- [TASK STATEMENT]
Read through the entries below and return each line with the word "left".

Segment Open

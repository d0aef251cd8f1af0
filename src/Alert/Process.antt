-- ===== src/Alert/Process.antt =====
-- src/novelty_alert.rs, `process_match`, one function for each of its branches.
use ct_firehose_filter.Prelude.{
  ℕ, Bool, not, ◌&&◌, ◌||◌, Option, none, some, List, [], ◌∷◌, length, is_empty, leb, ltb, ◌==◌,
  if◌then◌else◌, Str, codes,
}
use ct_firehose_filter.Prelude.Int.{ℤ}
use ct_firehose_filter.Event.{MatchEvent}
use ct_firehose_filter.Novelty.Sql.{Sql, ◌>>=◌, ◌>>◌, pure}
use ct_firehose_filter.Novelty.Store.{
  partner_degree, event_count, record_cooccurrence, record_appearances, insert_coalition,
  insert_host, insert_multi_brand_cert, Clock, join_fields,
}
use ct_firehose_filter.Alert.Policy.{
  NoveltyPolicy, NoveltyAlert, NoveltyCandidate, ProcessStats, tier_a, tier_b, no_stats,
  match_archive_schema_version, effective_san_count,
}
use ct_firehose_filter.Alert.Brands.{
  unique_keywords, normalized_hosts, is_routine_host, event_ts, tier_a_brands,
}

abbrev pub Outcome : Type 0
Outcome = List NoveltyAlert × ProcessStats

unfoldable pub counts_of : List Str → Sql (List (Str × ℕ) × List (Str × ℕ))
counts_of [] = pure ([], [])
counts_of (b ∷ rest) = do
  degree ← partner_degree b
  events ← event_count b
  later ← counts_of rest
  pure ((b, degree) ∷ later.0, (b, events) ∷ later.1)

unfoldable pub maybe_candidate :
    NoveltyPolicy → List Str → List Str → MatchEvent → Str → Sql (Option NoveltyCandidate)
maybe_candidate policy full coalition ev reason =
    if not policy.emit_candidates then pure none else do
      counts ← counts_of full
      pure (
          some (record {
            schema_version = match_archive_schema_version;
            kind = codes "candidate";
            reason = reason;
            coalition = coalition;
            degrees = counts.0;
            event_counts = counts.1;
            fingerprint = ev.fingerprint;
          }))

-- The event's keywords are counted first, whatever comes of it.
unfoldable pub record_brands : List Str → Sql (Unit {0})
record_brands full =
    if leb 2 (length full)
    then record_cooccurrence full
    else if not (is_empty full)
    then record_appearances full
    else pure tt

-- A coalition that is left with fewer than two low-df brands.
unfoldable pub record_high_df :
    NoveltyPolicy → List Str → List Str → MatchEvent → ℤ → Sql ProcessStats
record_high_df policy full coalition ev ts = do
  is_new ← insert_coalition (join_fields full) ts
  if is_new
      then (do
        candidate ← maybe_candidate policy full coalition ev (codes "high_df")
        pure (record no_stats {
          coalitions_inserted = 1;
          a_high_df_dropped = 1;
          candidate = candidate;
        }))
      else pure no_stats

-- No low-df brand is left.
unfoldable pub process_none : Clock → NoveltyPolicy → List Str → MatchEvent → Sql Outcome
process_none clock policy full ev =
    if leb 2 (length full)
    then (do
      stats ← record_high_df policy full full ev (event_ts clock.event_now ev)
      pure ([], stats))
    else pure ([], record no_stats { fully_ignored = 1 })

unfoldable pub insert_hosts_of : Str → ℤ → List Str → Sql (Unit {0})
insert_hosts_of brand ts [] = pure tt
insert_hosts_of brand ts (host ∷ rest) = insert_host brand host ts >> insert_hosts_of brand ts rest

unfoldable pub insert_hosts : ℤ → List Str → List Str → Sql (Unit {0})
insert_hosts ts hosts [] = pure tt
insert_hosts ts hosts (brand ∷ rest) = insert_hosts_of brand ts hosts >> insert_hosts ts hosts rest

abbrev pub is_oversized : NoveltyPolicy → List Str → Bool
is_oversized policy brands = ltb policy.max_coalition_len (length brands)

abbrev pub is_mega_san : NoveltyPolicy → MatchEvent → Bool
is_mega_san policy ev =
    ltb 0 policy.max_san_count && ltb policy.max_san_count (effective_san_count ev)

unfoldable pub want_emit : NoveltyPolicy → List Str → MatchEvent → Bool
unfolding effective_san_count
want_emit policy brands ev =
    policy.want_a
    && (leb (length brands) policy.max_coalition_len
        && (((policy.max_san_count == 0) || leb (effective_san_count ev) policy.max_san_count)
            && not policy.calibrating))

abbrev pub alert_a : List Str → MatchEvent → NoveltyAlert
alert_a brands ev = record {
  schema_version = match_archive_schema_version;
  kind = tier_a brands;
  event = ev;
}

-- What is told of a coalition that is new.
unfoldable pub report_new :
    NoveltyPolicy → List Str → List Str → MatchEvent → ProcessStats → Sql Outcome
report_new policy full brands ev stats =
    if is_oversized policy brands
    then pure ([], record stats { a_oversized_dropped = 1 })
    else if is_mega_san policy ev
    then pure ([], record stats { a_mega_san_dropped = 1 })
    else if policy.calibrating
    then (do
      candidate ← maybe_candidate policy full brands ev (codes "calibrating")
      pure ([], record stats { a_calibrate_muted = 1; candidate = candidate }))
    else (do
      candidate ← maybe_candidate policy full brands ev (codes "tier_a")
      pure (alert_a brands ev ∷ [], record stats { alerts_a = 1; candidate = candidate }))

-- Two or more low-df brands are left.
unfoldable pub process_coalition :
    Clock → NoveltyPolicy → List Str → List Str → MatchEvent → Sql Outcome
process_coalition clock policy full brands ev = do
  let ts = event_ts clock.event_now ev
  is_new ←
      (if want_emit policy brands ev
        then insert_multi_brand_cert clock brands ev ts
        else insert_coalition (join_fields brands) ts)
  (if policy.want_b then insert_hosts ts (normalized_hosts ev) brands else pure tt)
  let stats = record no_stats { coalitions_inserted = if is_new then 1 else 0 }
  if is_new && policy.want_a then report_new policy full brands ev stats else pure ([], stats)

-- The loop over the hosts of a single brand.
unfoldable pub novel_hosts : NoveltyPolicy → Str → ℤ → List Str → Sql (List Str)
novel_hosts policy brand ts [] = pure []
novel_hosts policy brand ts (host ∷ rest) = do
  is_new ← insert_host brand host ts
  later ← novel_hosts policy brand ts rest
  pure (
      if is_new && not (policy.skip_routine && is_routine_host brand host)
      then host ∷ later
      else later)

abbrev pub alerts_of_hosts : Str → MatchEvent → ProcessStats → List Str → Outcome
alerts_of_hosts brand ev stats [] = ([], stats)
alerts_of_hosts brand ev stats (host ∷ rest) = (
  record {
    schema_version = match_archive_schema_version;
    kind = tier_b brand host (host ∷ rest);
    event = ev;
  }
      ∷ [],
  record stats { alerts_b = 1 },
)

-- One low-df brand is left.
unfoldable pub process_single : Clock → NoveltyPolicy → List Str → Str → MatchEvent → Sql Outcome
process_single clock policy full brand ev = do
  let ts = event_ts clock.event_now ev
  stats ←
      (if leb 2 (length full) then record_high_df policy full (brand ∷ []) ev ts else pure no_stats)
  if not policy.want_b then pure ([], stats) else (do
    novel ← novel_hosts policy brand ts (normalized_hosts ev)
    pure (alerts_of_hosts brand ev stats novel))

unfoldable pub process_brands :
    Clock → NoveltyPolicy → List Str → MatchEvent → List Str → Sql Outcome
process_brands clock policy full ev [] = process_none clock policy full ev
process_brands clock policy full ev (brand ∷ []) = process_single clock policy full brand ev
process_brands clock policy full ev (a ∷ b ∷ rest) =
    process_coalition clock policy full (a ∷ b ∷ rest) ev

unfoldable pub process_match : Clock → List Str → NoveltyPolicy → MatchEvent → Sql Outcome
process_match clock ignore policy ev = do
  let full = unique_keywords ev
  record_brands full
  brands ← tier_a_brands ignore policy full
  process_brands clock policy full ev brands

Segment Closed

- [EXPECTED ANSWER]
-- A coalition that is left with fewer than two low-df brands.
-- No low-df brand is left.
-- Two or more low-df brands are left.
-- One low-df brand is left.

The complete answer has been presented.